Next time you go out to eat, peep the bill.
It’s globally known that California offers some of the best restaurant options in the nation. But heads up: if you live here and are fan of eating out, you may start to see an optional 1% surcharge added to your bill.
Restaurants residing in California can choose to tack on a 1% fee to their guest’s check once enrolled in the Restore California Renewable Restaurant program. The money then goes to a public fund that helps support farmers who use practices which reduce carbon in the atmosphere. The surcharge is optional for customers but Anthony Myint, an organizer of the initiative, told CNN that if all diners at a certain eatery pay it, the haul would be more than enough to make the establishment carbon neutral.

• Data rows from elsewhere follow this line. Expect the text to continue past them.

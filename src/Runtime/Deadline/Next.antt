-- ===== src/Runtime/Deadline/Next.antt =====
-- deadline.rs: the next target of the scheduler.
use easycon_sdk.Common.{
  ℕ, zero, suc, ◌≤◌, ◌≡◌, sym, ap, inl, inr, refl, ltb, leb, ◌&&◌, ◌||◌, Bool, true, false,
  Bool-cases, Option-cases, Option, none, some, List, [], ◌∷◌, length, arith, ◌↔◌, length-append,
}
use easycon_sdk.Runtime.Table.{get, remove}
use easycon_sdk.Runtime.Deadline.{
  PendingDeadline, DeadlineSchedulerState, ScheduledDeadline, prune, prune_stale, precedes, key_leb,
  Due, fire_turn, fire_loop, collect_due, least_pending, next_target_ns, next_of, peek, lesser,
  collected,
}
use easycon_sdk.Runtime.Deadline.Queue.{HeadLive, HeadLive-prune, live_entry}
use easycon_sdk.Runtime.Deadline.Due.{loop_step, loop_end}

abbrev pub key_below : Option (ℕ × ℕ) → ℕ → ℕ → Bool
key_below none t i = false
key_below (some (u, j)) t i = key_leb u j t i

key_below-lesser :
    (u j : ℕ) (o : Option (ℕ × ℕ)) (t i : ℕ)
    → key_below (lesser (u, j) o) t i ≡ (key_leb u j t i || key_below o t i)
key_below-lesser u j none t i = ground arith
key_below-lesser u j (some (v, k)) t i = ground arith

-- Of the pending deadlines the least one decides, whether all or only those that are due are asked.
precedes-least_pending :
    (pending : List (ℕ × PendingDeadline)) (t i now : ℕ)
    → t ≤ now
    → precedes pending t i now ≡ key_below (least_pending pending) t i
precedes-least_pending [] t i now h = refl
precedes-least_pending ((j, p) ∷ pending) t i now h =
    let first : (leb p.target_ns now && key_leb p.target_ns j t i) ≡ key_leb p.target_ns j t i =
      ground arith in
    rw (first, precedes-least_pending pending t i now h)
      (sym (key_below-lesser p.target_ns j (least_pending pending) t i))

abbrev pub due_by : Option ℕ → ℕ → Bool
due_by none now = false
due_by (some t) now = leb t now

length-collected :
    (i : ℕ) (o : Option ScheduledDeadline) (due : Due) → length due ≤ length (collected i o due)
length-collected i none due = omega arith
length-collected i (some e) due = omega (arith, length-append due ((i, e) ∷ []))

fire_turn-length :
    (now : ℕ) (s : DeadlineSchedulerState) (due : Due) (s' : DeadlineSchedulerState) (due' : Due)
    → fire_turn now s due ≡ some (s', due')
    → length due ≤ length due'
unfolding fire_turn
fire_turn-length now s due s' due' e = on_queue s.queue refl
  where
    on_queue : (queue : List (ℕ × ℕ)) → s.queue ≡ queue → length due ≤ length due'
    on_queue [] head = ground arith
    on_queue ((t, i) ∷ q) head = ground (arith, length-collected i (get i s.entries) due)

length-fire_loop :
    (fuel now : ℕ) (s : DeadlineSchedulerState) (due : Due)
    → length due ≤ length (fire_loop fuel now s due).1
length-fire_loop zero now s due = unfold fire_loop in omega arith
length-fire_loop (suc fuel) now s due = elim (Option-cases (fire_turn now s due)) [
  | inl stop ↦ rw (loop_end (suc fuel) now s due stop) (omega arith)
  | inr ((s', due'), go) ↦
      rw (loop_step fuel now s due s' due' go)
        (omega (arith, fire_turn-length now s due s' due' go, length-fire_loop fuel now s' due'))
]

loop_due :
    (fuel now : ℕ) (s s' : DeadlineSchedulerState) (due' : Due)
    → 1 ≤ fuel
    → fire_turn now s [] ≡ some (s', due')
    → length due' ≡ 1
    → 1 ≤ length (fire_loop fuel now s []).1
loop_due zero now s s' due' some_fuel go one = absurd (omega arith)
loop_due (suc fuel) now s s' due' some_fuel go one =
    rw (loop_step fuel now s [] s' due' go) (omega (arith, length-fire_loop fuel now s' due'))

module _ (now : ℕ) (s : DeadlineSchedulerState) where
  -- The first turn on a queue that is pruned.
  first_turn :
      (queue : List (ℕ × ℕ))
      → s.queue ≡ queue
      → HeadLive s.entries queue
      → due_by (next_of (peek queue) (least_pending s.pending)) now ≡ false
      → fire_turn now s [] ≡ none
  unfolding fire_turn
  first_turn [] head live early = rw head
  first_turn ((t, i) ∷ q) head live early =
      rw head (ground (arith, precedes-least_pending s.pending t i now))

  first_due :
      (queue : List (ℕ × ℕ))
      → s.queue ≡ queue
      → HeadLive s.entries queue
      → due_by (next_of (peek queue) (least_pending s.pending)) now ≡ true
      → (s' : DeadlineSchedulerState) × (due' : Due) × (fire_turn now s [] ≡ some (s', due'))
        × (length due' ≡ 1)
  unfolding fire_turn prune_stale
  first_due [] head live late = ground arith
  first_due ((t, i) ∷ q) head live late =
      let (e, there, same) = live_entry s.entries t i live in
      let go : (ltb now t || precedes s.pending t i now) ≡ false =
        ground (arith, precedes-least_pending s.pending t i now) in
      (
        prune_stale (record s { queue = q; entries = remove i s.entries }),
        (i, e) ∷ [],
        rw (head, go, there) refl,
        refl,
      )

module _ (now : ℕ) (s : DeadlineSchedulerState) where
  sleeps : due_by (next_target_ns s).1 now ≡ false → length (collect_due s now).1 ≡ 0
  unfolding collect_due next_target_ns prune_stale
  sleeps early =
      let stop =
        first_turn now (prune_stale s) (prune s.entries s.queue) refl
          (HeadLive-prune s.entries s.queue) early in
      let entries = prune s.entries s.queue in
      ap (λ (r : DeadlineSchedulerState × Due). length r.1)
        (loop_end (length entries) now (prune_stale s) [] stop)

  wakes :
      (queue : List (ℕ × ℕ))
      → prune s.entries s.queue ≡ queue
      → due_by (next_target_ns s).1 now ≡ true
      → 1 ≤ length (collect_due s now).1
  unfolding collect_due next_target_ns prune_stale
  wakes [] head late = ground arith
  wakes (p ∷ q) head late =
      let (s', due', go, one) =
        first_due now (prune_stale s) (prune s.entries s.queue) refl
          (HeadLive-prune s.entries s.queue) late in
      loop_due (length (prune s.entries s.queue)) now (prune_stale s) s' due'
        (ground (arith, ap length head)) go one

-- The next target is the first moment at which something fires: a call of `fire_due_at` fires something exactly from the time
-- on that `next_target_ns` answers, and never while it answers with nothing.
pub collect_due-next_target_ns :
    (now : ℕ) (s : DeadlineSchedulerState)
    → (length (collect_due s now).1 ≡ 0) ↔ (due_by (next_target_ns s).1 now ≡ false)
collect_due-next_target_ns now s = elim (Bool-cases (due_by (next_target_ns s).1 now)) [
  | inl late ↦ (
    (λ none_due. ground (arith, wakes now s (prune s.entries s.queue) refl)),
    (λ early. ground arith),
  )
  | inr early ↦ ((λ none_due. early), (λ e. sleeps now s e))
]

Myint is a restauranteur who started Zero Foodprint, a non-profit that helps support the program. Myint and his wife built Zero Foodprint back in 2013 after thinking of ways they could help to preserve the world that they wanted their newborn daughter to live in; ultimately this meant fighting climate change. The non-profit helps restaurants assess, reduce, and offset their carbon footprints.
As for their new initiative, the Restore California Renewable Restaurant program, they hope that restaurants across the state will proudly join and display Restore California logos on their windows and/or websites. The goal is to drive Californians to restaurants that have made a choice to help the environment by supporting farms that are producing food in ways that don’t add more greenhouse gases to the atmosphere.
Wolfgang Puck’s Spago restaurant is one of the several Los Angeles restaurants that has already jumped on board.